Show HN: Customer Research – $12 ask 100 people a question then interview them - jaimemedicalbnb
https://scoops.io
======
ckle
I'm one of the co-founders of Scoops. Been shipping products for awhile, and
the problem is, most of the time nobody wants them. That's time & money down
the drain. Scoops was built to be an affordable way to validate some key
assumptions about your market early and fast.

You can use this research to see if people actually have the problem you're
trying to solve, or if your value proposition resonates with anyone at all.

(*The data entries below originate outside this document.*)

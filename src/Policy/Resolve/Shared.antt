-- ===== src/Policy/Resolve/Shared.antt =====
-- New: both rule lists are expanded over one cache.
use airjail.Base.{
  Bool, not, List, [], ◌∷◌, ◌≡◌, inl, inr, refl, sym, subst, arith, All, list_eq, nat_eq,
  Result-cases, ok,
}
use airjail.Policy.Rules.{HostRule, RuleSet}
use airjail.Policy.Decision.{Policy}
use airjail.Policy.Resolve.{Resolver, Lookups, resolve_rule, resolve_hosts, resolve_host_rules}
use airjail.Policy.Resolve.Cached.{
  IsCoherent, Extends, After, Outcome, IsResolved-Extends, resolve_rule_lem, Outcomes,
}

Outcome-Extends :
    (strict : Bool) (s s' : Lookups) (r r' : HostRule)
    → Extends s s'
    → Outcome strict s r r'
    → Outcome strict s' r r'
Outcome-Extends strict s s' r r' ext o = record {
  kept = o.kept;
  is = IsResolved-Extends s s' r' ext o.is;
  found = o.found;
}

pub Outcomes-Extends :
    (strict : Bool) (s s' : Lookups) (rs out : List HostRule)
    → Extends s s'
    → Outcomes strict s rs out
    → Outcomes strict s' rs out
Outcomes-Extends strict s s' [] [] ext os = tt
Outcomes-Extends strict s s' (r ∷ rs) (r' ∷ rs') ext (o, os) =
    (Outcome-Extends strict s s' r r' ext o, Outcomes-Extends strict s s' rs rs' ext os)
Outcomes-Extends strict s s' [] (r' ∷ rs') ext os = absurd os
Outcomes-Extends strict s s' (r ∷ rs) [] ext os = absurd os

After-refl : (s : Lookups) → IsCoherent s → After s s
After-refl s c = record { coherent = c; extends = λ k q hit. hit }

After-trans : (s t u : Lookups) → After s t → After t u → After s u
After-trans s t u a b = record {
  coherent = b.coherent;
  extends = λ k q hit. b.extends k q (a.extends k q hit);
}

abbrev pub Unresolved : List HostRule → Type 0
Unresolved = All (λ (r : HostRule). r.resolved ≡ [])

module _ (resolver : Resolver) (allow_unresolved : Bool) where
  resolve_hosts_inversion :
      (r : HostRule) (rs out : List HostRule) (s s' : Lookups)
      → resolve_hosts resolver allow_unresolved (r ∷ rs) s ≡ ok (out, s')
      → (r' : HostRule) × (t : Lookups) × (rs' : List HostRule) × (resolve_rule resolver
            allow_unresolved r s
          ≡ ok (r', t))
        × (resolve_hosts resolver allow_unresolved rs t ≡ ok (rs', s'))
        × (out ≡ r' ∷ rs')
  unfolding resolve_hosts
  resolve_hosts_inversion r rs out s s' h =
      elim (Result-cases (resolve_rule resolver allow_unresolved r s)) [
        | inr (fault, e) ↦ absurd (ground (arith, e))
        | inl ((r', t), e) ↦ elim (Result-cases (resolve_hosts resolver allow_unresolved rs t)) [
          | inr (fault, e') ↦ absurd (ground (arith, e, e'))
          | inl ((rs', u), e') ↦
              let same : u ≡ s' = ground (arith, e, e') in
              (
                r',
                t,
                rs',
                e,
                subst (λ v. resolve_hosts resolver allow_unresolved rs t ≡ ok (rs', v)) same e',
                ground (arith, e, e'),
              )
        ]
      ]

  resolve_hosts_nil :
      (out : List HostRule) (s s' : Lookups)
      → resolve_hosts resolver allow_unresolved [] s ≡ ok (out, s')
      → (s ≡ s') × ([] ≡ out)
  unfolding resolve_hosts
  resolve_hosts_nil out s s' h = ground arith

  resolve_hosts_lem :
      (rs out : List HostRule) (s s' : Lookups)
      → Unresolved rs
      → IsCoherent s
      → resolve_hosts resolver allow_unresolved rs s ≡ ok (out, s')
      → After s s' × Outcomes (not allow_unresolved) s' rs out
  resolve_hosts_lem [] out s s' u c h =
      let (same, none_left) = resolve_hosts_nil out s s' h in
      (
        subst (After s) same (After-refl s c),
        subst (Outcomes (not allow_unresolved) s' []) none_left tt,
      )
  resolve_hosts_lem (r ∷ rs) out s s' u c h =
      let (r', t, rs', first, rest, same) = resolve_hosts_inversion r rs out s s' h in
      let (step, is) = resolve_rule_lem resolver allow_unresolved r r' s t u.0 c first in
      let (steps, are) = resolve_hosts_lem rs rs' t s' u.1 step.coherent rest in
      (
        After-trans s t s' step steps,
        subst (Outcomes (not allow_unresolved) s' (r ∷ rs)) (sym same)
            (Outcome-Extends (not allow_unresolved) t s' r r' steps.extends is, are),
      )

  pub resolve_set_lem :
      (rules out : RuleSet) (s s' : Lookups)
      → Unresolved rules.hosts
      → IsCoherent s
      → resolve_host_rules resolver allow_unresolved rules s ≡ ok (out, s')
      → After s s'
        × Outcomes (not allow_unresolved) s' rules.hosts out.hosts
        × (out ≡ record rules { hosts = out.hosts })
  unfolding resolve_host_rules
  resolve_set_lem rules out s s' u c h =
      elim (Result-cases (resolve_hosts resolver allow_unresolved rules.hosts s)) [
        | inr (fault, e) ↦ absurd (ground (arith, e))
        | inl ((hosts, t), e) ↦
            let same : t ≡ s' = ground (arith, e) in
            let built : record rules { hosts = hosts } ≡ out = ground (arith, e) in
            let (after, are) = resolve_hosts_lem rules.hosts hosts s s' u c (
              subst (λ v. resolve_hosts resolver allow_unresolved rules.hosts s ≡ ok (hosts, v))
                same e) in
            (
              after,
              subst (λ (o : RuleSet). Outcomes (not allow_unresolved) s' rules.hosts o.hosts) built
                  are,
              subst (λ (o : RuleSet). o ≡ record rules { hosts = o.hosts }) built refl,
            )
      ]

-- What New makes of its two lists: the parsed rules, each with its outcome over the one cache.
pub record Built (strict : Bool) (allow block : RuleSet) (policy : Policy) (s : Lookups)
    : Type 0 where
  pub coherent : IsCoherent s
  pub allowed : Outcomes strict s allow.hosts policy.allow.hosts
  pub blocked : Outcomes strict s block.hosts policy.block.hosts
  pub allow_kept : policy.allow ≡ record allow { hosts = policy.allow.hosts }
  pub block_kept : policy.block ≡ record block { hosts = policy.block.hosts }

1\. For $12, ask 100 people a question 2\. Then, once they answer, find out
whether there are demographic trends in how people answered. 3\. Armed with
that data, follow up with additional questions & even interview them to really
get to the bottom of your market assumptions.

To address the most commonly asked question: Right now when you ask a question
it goes to people of various genders, occupations, ages, and countries
(predominantly US) - we're working on audience targeting but aren't there yet.
However, most of the time people who want to target are biasing their data -
it's better to cast your net wide and see what fish swim in. You can read more
here. [https://blog.scoops.io/broad-is-
good-d701b485cdd8](https://blog.scoops.io/broad-is-good-d701b485cdd8)

Thanks in advance for any feedback/thoughts!